# First time cheese smoke



## normbo (May 2, 2014)

So I bought a whole lot of cheese today.  Colby, medium cheddar, gouda, jalapeno Havarti, jalapeno Monterey jack, Gruyere, Farmer and mild cheddar.  Also got my AMAZN smoker tube with cherry and apple pellets delivered this week.  I'm ready to go!  I do have questions though since this is my first time smoking cheese.  Based on what I've read from others on this forum, I think 4 hours cold smoke should be ok right?  Also, does anybody flip the cheese at a certain point or do you just leave it as is until it's done?

Qview to follow tomorrow.

Thanks


----------



## pc farmer (May 2, 2014)

I dont flip mine but I have thought about it.  

I plan on a cheese smoke next weekend, I will try it.

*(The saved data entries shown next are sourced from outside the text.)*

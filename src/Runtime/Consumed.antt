-- ===== src/Runtime/Consumed.antt =====
-- A permit that a venue has consumed is its admission of the request: no reconciliation submits
-- the intent again.
use faar_runtime.Common.{
  ℕ, ◌+◌, ◌<◌, ◌≡◌, refl, ap, ◌∙◌, Bool, true, false, ◌&&◌, Option, some, List, [], ◌∷◌, arith, ltb,
  ◌==◌, ==_iff, is_some, some_inj, if◌then◌else◌,
}
use faar_runtime.Common.Result.{Result, ok, err}
use faar_runtime.Table.{find, count}
use faar_runtime.Models.Grant.{CapabilityGrant, Intent}
use faar_runtime.Store.Schema.{Store, PermitRow}
use faar_runtime.Store.Permits.{permit_counts, at_permit}
use faar_runtime.Store.Progress.Rows.{Advances}
use faar_runtime.Store.Steps.{Run-Advances}
use faar_runtime.Worker.Defs.{exhaust, Env, World, Raised, store_unavailable, M, call, then_, ◌>>=◌}
use faar_runtime.Worker.Judgement.{Credentials}
use faar_runtime.Worker.Effects.{IsFair, IsEffect, Does, Does-test, Does-if, Does-then}
use faar_runtime.Runtime.Calls.{RuntimeResult, count_permits}
use faar_runtime.Runtime.Submission.{Retry}
use faar_runtime.Runtime.Absence.{act_on_absence, absent}
use faar_runtime.Runtime.Reconciliation.{reconcile}
use faar_runtime.Runtime.Effects.Calls.{void_permits-Does, stop-Does}
use faar_runtime.Runtime.Effects.Absence.{wait-Does}
use faar_runtime.Runtime.Effects.Reconciliation.{ActsOnAbsence, reconcile-Does}

-- The ledger has a permit of the intent that was consumed.
pub record HasConsumed (s : Store) (i : ℕ) : Type 0 where
  pub permit : ℕ
  pub row : PermitRow
  pub recorded : find (at_permit permit) s.execution_permits ≡ some row
  pub of_intent : row.intent_id ≡ i
  pub consumed : is_some row.consumed_at ≡ true

HasConsumed-Advances : {s t : Store} {i : ℕ} → Advances s t → HasConsumed s i → HasConsumed t i
HasConsumed-Advances a h =
    let (q, again, e) = a.permits h.permit h.row h.recorded in
    record {
      permit = h.permit;
      row = q;
      recorded = again;
      of_intent = e.intent ∙ h.of_intent;
      consumed = e.stays_consumed h.consumed;
    }

find_counted :
    (p q : PermitRow → Bool) (rows : List PermitRow) (row : PermitRow)
    → find p rows ≡ some row
    → q row ≡ true
    → 0 < count q rows
unfolding find count
find_counted p q [] row h k = cc
find_counted p q (r ∷ rows) row h k = by_tests (p r) (q r) refl (find_counted p q rows row) h
  where
    by_tests :
        (b c : Bool)
        → q r ≡ c
        → (find p rows ≡ some row → q row ≡ true → 0 < count q rows)
        → (if b then some r else find p rows) ≡ some row
        → 0 < (if c then 1 else 0) + count q rows
    by_tests b true e ih g = omega arith
    by_tests true false e ih g = cc (e, ap q (some_inj g), k)
    by_tests false false e ih g = omega (arith, ih g k)

permit_counts-pos : (s : Store) (i : ℕ) → HasConsumed s i → 0 < (permit_counts s i).1
unfolding permit_counts
permit_counts-pos s i h = find_counted (at_permit h.permit) _ s.execution_permits h.row h.recorded (
    both (h.row.intent_id == i) (is_some h.row.consumed_at)
      ((==_iff h.row.intent_id i).1 h.of_intent) h.consumed)
  where
    both : (a b : Bool) → a ≡ true → b ≡ true → (a && b) ≡ true
    both a b p q = ground arith

-- A consumed permit stays, and then no permit is handed to an adapter.
abbrev Withholds : Env → ℕ → World → World → Type 0
Withholds e i w u = HasConsumed w.store i → HasConsumed u.store i × (u.sent ≡ w.sent)

Withholds-IsEffect : (e : Env) (i : ℕ) → IsFair e → IsEffect e (Withholds e i)
Withholds-IsEffect e i fair = record {
  stays = λ w h. (h, refl);
  joins = λ u v w p q h. ((q (p h).0).0, (q (p h).0).1 ∙ (p h).1);
  observes = λ w h. (h, refl);
  commits = λ w t r h. (
    HasConsumed-Advances (Run-Advances e.crypto r)
        (HasConsumed-Advances (Run-Advances e.crypto (fair w.calls w.store)) h),
    refl,
  );
}

module _ (e : Env) (fair : IsFair e) (i : ℕ) where
  -- The ledger is counted in a state that still has the consumed permit.
  counted-Does :
      (f : ℕ × ℕ → M RuntimeResult)
      → ((c : ℕ × ℕ) → 0 < c.1 → Does (Withholds e i) (f c))
      → Does (Withholds e i) (count_permits e i >>= f)
  unfolding count_permits call ◌>>=◌
  counted-Does f k = record {
    at = λ w h.
        unlocked w (e.others w.calls w.store) (e.is_locked w.calls)
          (HasConsumed-Advances (Run-Advances e.crypto (fair w.calls w.store)) h);
  }
    where
      unlocked :
          (w : World) (s : Store) (b : Bool)
          → HasConsumed s i
          → let r : Result Raised (ℕ × ℕ) × World =
              if b
              then (err store_unavailable, record w { store = s; calls = w.calls + 1 })
              else (ok (permit_counts s i), record w { store = s; calls = w.calls + 1 }) in
            HasConsumed (then_ f r.0 r.1).1.store i × ((then_ f r.0 r.1).1.sent ≡ w.sent)
      unlocked w s true h = (h, refl)
      unlocked w s false h = (k (permit_counts s i) (permit_counts-pos s i h)).at _ h

module _ (e : Env) (fair : IsFair e) (i : Intent) (g : CapabilityGrant)
    (x : Option Credentials) where
  acts_Withholds :
      (retry : Retry)
      → ((b : Bool) (o : Option ℕ) → Does (Withholds e i.intent_id) (retry b o))
      → ActsOnAbsence e (Withholds e i.intent_id) retry i g x
  unfolding absent act_on_absence
  acts_Withholds retry again row allow block now absence =
      Does-if e eff _ _ _ (wait-Does e eff retry _ _) (
        Does-then e eff _ _ (void_permits-Does e eff _) (
          counted-Does e fair i.intent_id _ λ c pos.
            Does-test e eff _ _ _ (λ _. stop-Does e eff _ _ _ _ _)
              (λ none_. absurd (clash c.1 pos none_))))
    where
      eff : IsEffect e (Withholds e i.intent_id)
      eff = Withholds-IsEffect e i.intent_id fair

      clash : (n : ℕ) → 0 < n → ltb 0 n ≡ false → ⊥
      clash n p q = ground arith

-- Once the ledger has a consumed permit of an intent, no call of `reconcile` for the intent hands
-- a permit to an adapter, whatever the verifier answers, if what the others do is a history of the
-- store's operations.
pub consumed_never_resubmitted :
    (e : Env) (fuel : ℕ) (i : Intent) (g : CapabilityGrant) (x : Option Credentials) (allow : Bool)
    (block : Option ℕ) (w : World)
    → IsFair e
    → HasConsumed w.store i.intent_id
    → (reconcile e fuel i g x allow block w).1.sent ≡ w.sent
unfolding exhaust
consumed_never_resubmitted e fuel i g x allow block w fair h =
    ((reconcile-Does e (Withholds-IsEffect e i.intent_id fair) i g x (acts_Withholds e fair i g x)
        (record { at = λ w p. (p, refl) }) fuel allow block).at
      w h).1
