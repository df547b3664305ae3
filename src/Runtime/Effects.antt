-- ===== src/Runtime/Effects.antt =====
-- What a call of the runtime relates, and that its effect on the datastore is a run of the store's
-- operations.
pub mod Calls
pub mod Submission
pub mod Absence
pub mod Outcomes
pub mod Reconciliation
pub mod Processing
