-- ===== src/Runtime/History.antt =====
-- What a reconciliation does to the datastore relates the stores before and after, whatever the
-- surroundings answer.
use faar_runtime.Common.{ℕ, Bool, Option}
use faar_runtime.Models.Grant.{CapabilityGrant, Intent}
use faar_runtime.Store.Steps.{here}
use faar_runtime.Runtime.Calls.{RuntimeResult}
use faar_runtime.Worker.Defs.{exhaust, Env, transport}
use faar_runtime.Worker.Judgement.{Credentials}
use faar_runtime.Worker.Effects.{Does, IsFair, Runs, Runs-IsEffect}
use faar_runtime.Models.Requests.{ExecutionRequest, SignedPermit}
use faar_runtime.Runtime.Submission.{Retry}
use faar_runtime.Runtime.Reconciliation.{reconcile_again}
use faar_runtime.Runtime.Effects.Absence.{absent-Does}
use faar_runtime.Runtime.Effects.Submission.{begin-Does, submit-Does}
use faar_runtime.Runtime.Effects.Reconciliation.{ActsOnAbsence, reconcile_again-Does}

module _ (e : Env) (fair : IsFair e) where
  sends_Runs : (q : ExecutionRequest) (p : SignedPermit) → Does (Runs e) (transport e q p)
  unfolding transport
  sends_Runs q p = record { at = λ w. here }

  exhausts_Runs : Does (Runs e) (exhaust {A = RuntimeResult})
  unfolding exhaust
  exhausts_Runs = record { at = λ w. here }

  acts_Runs :
      (i : Intent) (g : CapabilityGrant) (x : Option Credentials) (retry : Retry)
      → ((b : Bool) (o : Option ℕ) → Does (Runs e) (retry b o))
      → ActsOnAbsence e (Runs e) retry i g x
  acts_Runs i g x retry again row allow block now absence =
      absent-Does e (Runs-IsEffect e fair) retry i g
        (submit-Does e (Runs-IsEffect e fair) retry i
          (begin-Does e (Runs-IsEffect e fair) retry again sends_Runs i) g)
        row x allow block now

  pub again_Runs :
      (fuel : ℕ) (i : Intent) (g : CapabilityGrant) (x : Option Credentials) (b : Bool)
      (o : Option ℕ)
      → Does (Runs e) (reconcile_again e fuel i g x b o)
  again_Runs fuel i g x =
      reconcile_again-Does e (Runs-IsEffect e fair) i g x (acts_Runs i g x) exhausts_Runs fuel
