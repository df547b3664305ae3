-- ===== src/Runtime/Resubmission.antt =====
-- A reconciliation submits again only if the verifier answers that there is no effect.
use faar_runtime.Common.{ℕ, ◌≡◌, refl, ◌∙◌, ◌⊎◌, inl, inr, Bool, Option}
use faar_runtime.Models.Grant.{CapabilityGrant, Intent}
use faar_runtime.Worker.Defs.{exhaust, Env, World}
use faar_runtime.Worker.Judgement.{Credentials}
use faar_runtime.Worker.Effects.{IsEffect, Does}
use faar_runtime.Runtime.Submission.{Retry}
use faar_runtime.Runtime.Reconciliation.{reconcile}
use faar_runtime.Runtime.Effects.Reconciliation.{IsAbsence, ActsOnAbsence, reconcile-Does}

-- No permit was handed to an adapter, or the verifier answers that there is no effect.
abbrev Sends : Env → Intent → World → World → Type 0
Sends e i w u = IsAbsence e i ⊎ (u.sent ≡ w.sent)

Sends-trans : (e : Env) (i : Intent) (u v w : World) → Sends e i u v → Sends e i v w → Sends e i u w
Sends-trans e i u v w (inl a) q = inl a
Sends-trans e i u v w (inr p) (inl a) = inl a
Sends-trans e i u v w (inr p) (inr q) = inr (q ∙ p)

Sends-IsEffect : (e : Env) (i : Intent) → IsEffect e (Sends e i)
Sends-IsEffect e i = record {
  stays = λ w. inr refl;
  joins = Sends-trans e i;
  observes = λ w. inr refl;
  commits = λ w t r. inr refl;
}

acts_Sends :
    (e : Env) (i : Intent) (g : CapabilityGrant) (x : Option Credentials) (retry : Retry)
    → ((b : Bool) (o : Option ℕ) → Does (Sends e i) (retry b o))
    → ActsOnAbsence e (Sends e i) retry i g x
acts_Sends e i g x retry again row allow block now absence = record { at = λ w. inl absence }

-- A call of `reconcile` hands no permit to an adapter, unless the verifier answers, at some call, an
-- authoritative NONE that is bound to the request of the intent.
pub resubmission-IsAbsence :
    (e : Env) (fuel : ℕ) (i : Intent) (g : CapabilityGrant) (x : Option Credentials) (allow : Bool)
    (block : Option ℕ) (w : World)
    → IsAbsence e i ⊎ ((reconcile e fuel i g x allow block w).1.sent ≡ w.sent)
unfolding exhaust
resubmission-IsAbsence e fuel i g x allow block w =
    (reconcile-Does e (Sends-IsEffect e i) i g x (acts_Sends e i g x)
        (record { at = λ w. inr refl }) fuel allow block).at
      w
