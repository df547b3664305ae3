-- ===== src/Runtime/Termination.antt =====
-- The nested reconciliations are bounded by the attempts that a grant allows.
pub mod Keeps
pub mod Begin
pub mod Absence
pub mod Judgement
pub mod Rows
pub mod Reconciliation
pub mod Processing
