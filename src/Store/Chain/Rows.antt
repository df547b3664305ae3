-- ===== src/Store/Chain/Rows.antt =====
-- What _verify_chain_rows says of the rows that it accepts.
use faar_runtime.Common.{
  ℕ, ◌+◌, ◌≡◌, refl, ◌∙◌, ap, Bool, true, false, ◌&&◌, Option, none, some, List, [], ◌∷◌, ◌++◌,
  arith, ◌==◌, ==_iff, if◌then◌else◌,
}
use faar_runtime.Store.Schema.{Event}
use faar_runtime.Store.Evidence.{
  Crypto, Envelope, is_event_valid, verify_chain_rows, tail_hash, same_option, length,
}

-- The envelope that the check hashes.
abbrev pub hashed : ℕ → Event → Envelope
hashed i e = record {
  intent_id = i;
  event_type = e.event_type;
  payload = e.payload;
  created_at = e.created_at;
  prev_hash = e.prev_hash;
}

-- Each row links to the one before it and carries its own hash.
abbrev pub IsChain : Crypto → ℕ → Option ℕ → List Event → Type 0
IsChain c i prev [] = Unit
IsChain c i prev (e ∷ es) =
    (e.prev_hash ≡ prev)
    × (c.digest (hashed i e) ≡ e.event_hash)
    × IsChain c i (some e.event_hash) es

pub same_option_sound : (a b : Option ℕ) → same_option a b ≡ true → a ≡ b
same_option_sound none none h = refl
same_option_sound none (some y) h = cc
same_option_sound (some x) none h = cc
same_option_sound (some x) (some y) h = ap some ((==_iff x y).0 h)

pub same_option_refl : (a : Option ℕ) → same_option a a ≡ true
same_option_refl none = refl
same_option_refl (some x) = (==_iff x x).1 refl

split_and : (a b : Bool) → (a && b) ≡ true → (a ≡ true) × (b ≡ true)
split_and a b h = ground arith

accepted_rest :
    (b : Bool) (r : Bool × ℕ × Option ℕ) (n : ℕ) (o : Option ℕ)
    → (if b then r else (false, n, o)).0 ≡ true
    → (b ≡ true) × (r.0 ≡ true)
accepted_rest true r n o h = (refl, h)
accepted_rest false r n o h = cc

pub verified-IsChain :
    (c : Crypto) (i : ℕ) (prev : Option ℕ) (n : ℕ) (es : List Event)
    → (verify_chain_rows c i prev n es).0 ≡ true
    → IsChain c i prev es
unfolding verify_chain_rows
verified-IsChain c i prev n [] h = tt
verified-IsChain c i prev n (e ∷ es) h =
    let (valid, rest) = accepted_rest (is_event_valid c i prev e) _ n prev h in
    let (linked, signed) = split_and (same_option e.prev_hash prev) _ valid in
    let (hash, mac) = split_and (c.digest (hashed i e) == e.event_hash) _ signed in
    (
      same_option_sound e.prev_hash prev linked,
      (==_iff (c.digest (hashed i e)) e.event_hash).0 hash,
      verified-IsChain c i (some e.event_hash) (n + 1) es rest,
    )

-- An accepted chain is counted whole, and its last hash is that of its last row.
pub verified-counts :
    (c : Crypto) (i : ℕ) (prev : Option ℕ) (n : ℕ) (es : List Event)
    → (verify_chain_rows c i prev n es).0 ≡ true
    → verify_chain_rows c i prev n es ≡ (true, n + length es, tail_hash prev es)
unfolding verify_chain_rows tail_hash
verified-counts c i prev n [] h = ap (λ m. (true, m, prev)) (plus_zero n)
  where
    plus_zero : (n : ℕ) → n ≡ n + 0
    plus_zero n = omega arith
verified-counts c i prev n (e ∷ es) h =
    let (valid, rest) = accepted_rest (is_event_valid c i prev e) _ n prev h in
    (rw valid refl)
    ∙ verified-counts c i (some e.event_hash) (n + 1) es rest
    ∙ ap (λ m. (true, m, tail_hash (some e.event_hash) es)) (shift n (length es))
  where
    shift : (n m : ℕ) → n + 1 + m ≡ n + (m + 1)
    shift n m = omega arith

pub verify-append :
    (c : Crypto) (i : ℕ) (prev : Option ℕ) (n : ℕ) (es : List Event) (e : Event)
    → (verify_chain_rows c i prev n es).0 ≡ true
    → is_event_valid c i (tail_hash prev es) e ≡ true
    → (verify_chain_rows c i prev n (es ++ e ∷ [])).0 ≡ true
unfolding verify_chain_rows tail_hash
verify-append c i prev n [] e h k = rw k refl
verify-append c i prev n (f ∷ es) e h k =
    let (valid, rest) = accepted_rest (is_event_valid c i prev f) _ n prev h in
    rw valid (verify-append c i (some f.event_hash) (n + 1) es e rest k)
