-- ===== src/Store/Chain/Heads.antt =====
-- The rows and the heads that an append writes, as they are found afterwards.
use faar_runtime.Common.{
  ℕ, ◌≡◌, refl, ◌∙◌, ap, Bool, true, false, some, List, [], ◌∷◌, ◌++◌, arith, ◌==◌, ==_iff,
  if◌then◌else◌, eq_refl,
}
use faar_runtime.Table.{find, exists, select, update}
use faar_runtime.Table.Find.{find_none, find-append, find-append_miss}
use faar_runtime.Store.Schema.{Head}
use faar_runtime.Store.Evidence.{at_head, put_head}

pub select-append :
    {A : Type 0} (p : A → Bool) (xs : List A) (y : A)
    → select p (xs ++ y ∷ []) ≡ select p xs ++ (if p y then y ∷ [] else [])
unfolding select
select-append p [] y = by_test (p y)
  where
    by_test : (b : Bool) → (if b then y ∷ [] else []) ≡ (if b then y ∷ [] else [])
    by_test b = refl
select-append p (x ∷ xs) y = by_test (p x) (select-append p xs y)
  where
    by_test :
        (b : Bool)
        → select p (xs ++ y ∷ []) ≡ select p xs ++ (if p y then y ∷ [] else [])
        → (if b then x ∷ select p (xs ++ y ∷ []) else select p (xs ++ y ∷ []))
          ≡ (if b then x ∷ select p xs else select p xs) ++ (if p y then y ∷ [] else [])
    by_test true e = ap (λ zs. x ∷ zs) e
    by_test false e = e

-- A row that replaces the rows of a key is found under it, and under no other.
find-replaced :
    {A : Type 0} (p : A → Bool) (y : A) (xs : List A)
    → p y ≡ true
    → exists p xs ≡ true
    → find p (update p (λ _. y) xs) ≡ some y
unfolding find exists update
find-replaced p y [] h k = ground arith
find-replaced p y (x ∷ xs) h k = ground (arith, find-replaced p y xs h)

find-replaced_other :
    {A : Type 0} (q p : A → Bool) (y : A) (xs : List A)
    → q y ≡ false
    → ((x : A) → p x ≡ true → q x ≡ false)
    → find q (update p (λ _. y) xs) ≡ find q xs
unfolding find update
find-replaced_other q p y [] h apart = refl
find-replaced_other q p y (x ∷ xs) h apart =
    ground (arith, apart x, find-replaced_other q p y xs h apart)

pub put_head-find :
    (h : Head) (rows : List Head) → find (at_head h.intent_id) (put_head h rows) ≡ some h
put_head-find h rows = by_test (exists (at_head h.intent_id) rows) refl
  where
    by_test :
        (b : Bool)
        → exists (at_head h.intent_id) rows ≡ b
        → find
            (at_head h.intent_id)
            (if b then update (at_head h.intent_id) (λ _. h) rows else rows ++ h ∷ [])
          ≡ some h
    by_test true e = find-replaced (at_head h.intent_id) h rows (eq_refl h.intent_id) e
    by_test false e =
        find-append (at_head h.intent_id) rows h
        ∙ (rw (find_none (at_head h.intent_id) rows e, eq_refl h.intent_id) refl)

pub put_head-find_other :
    (h : Head) (rows : List Head) (j : ℕ)
    → (h.intent_id == j) ≡ false
    → find (at_head j) (put_head h rows) ≡ find (at_head j) rows
put_head-find_other h rows j differs = by_test (exists (at_head h.intent_id) rows)
  where
    apart : (x : Head) → at_head h.intent_id x ≡ true → at_head j x ≡ false
    apart x e = rw ((==_iff x.intent_id h.intent_id).0 e) differs

    by_test :
        (b : Bool)
        → find
            (at_head j)
            (if b then update (at_head h.intent_id) (λ _. h) rows else rows ++ h ∷ [])
          ≡ find (at_head j) rows
    by_test true = find-replaced_other (at_head j) (at_head h.intent_id) h rows differs apart
    by_test false = find-append_miss (at_head j) rows h differs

3 hours is enough for me.  

Be sure to rest a couple weeks.


----------



## normbo (May 3, 2014)

Well I'm done.  Having technical difficulties getting pictures off camera but I'll keep trying.

Is it just me or does smoked cheese smell awful when first smoked?


----------



## pc farmer (May 3, 2014)

Yup is does, that why the wait is so important.

Wait at least 2 weeks.


----------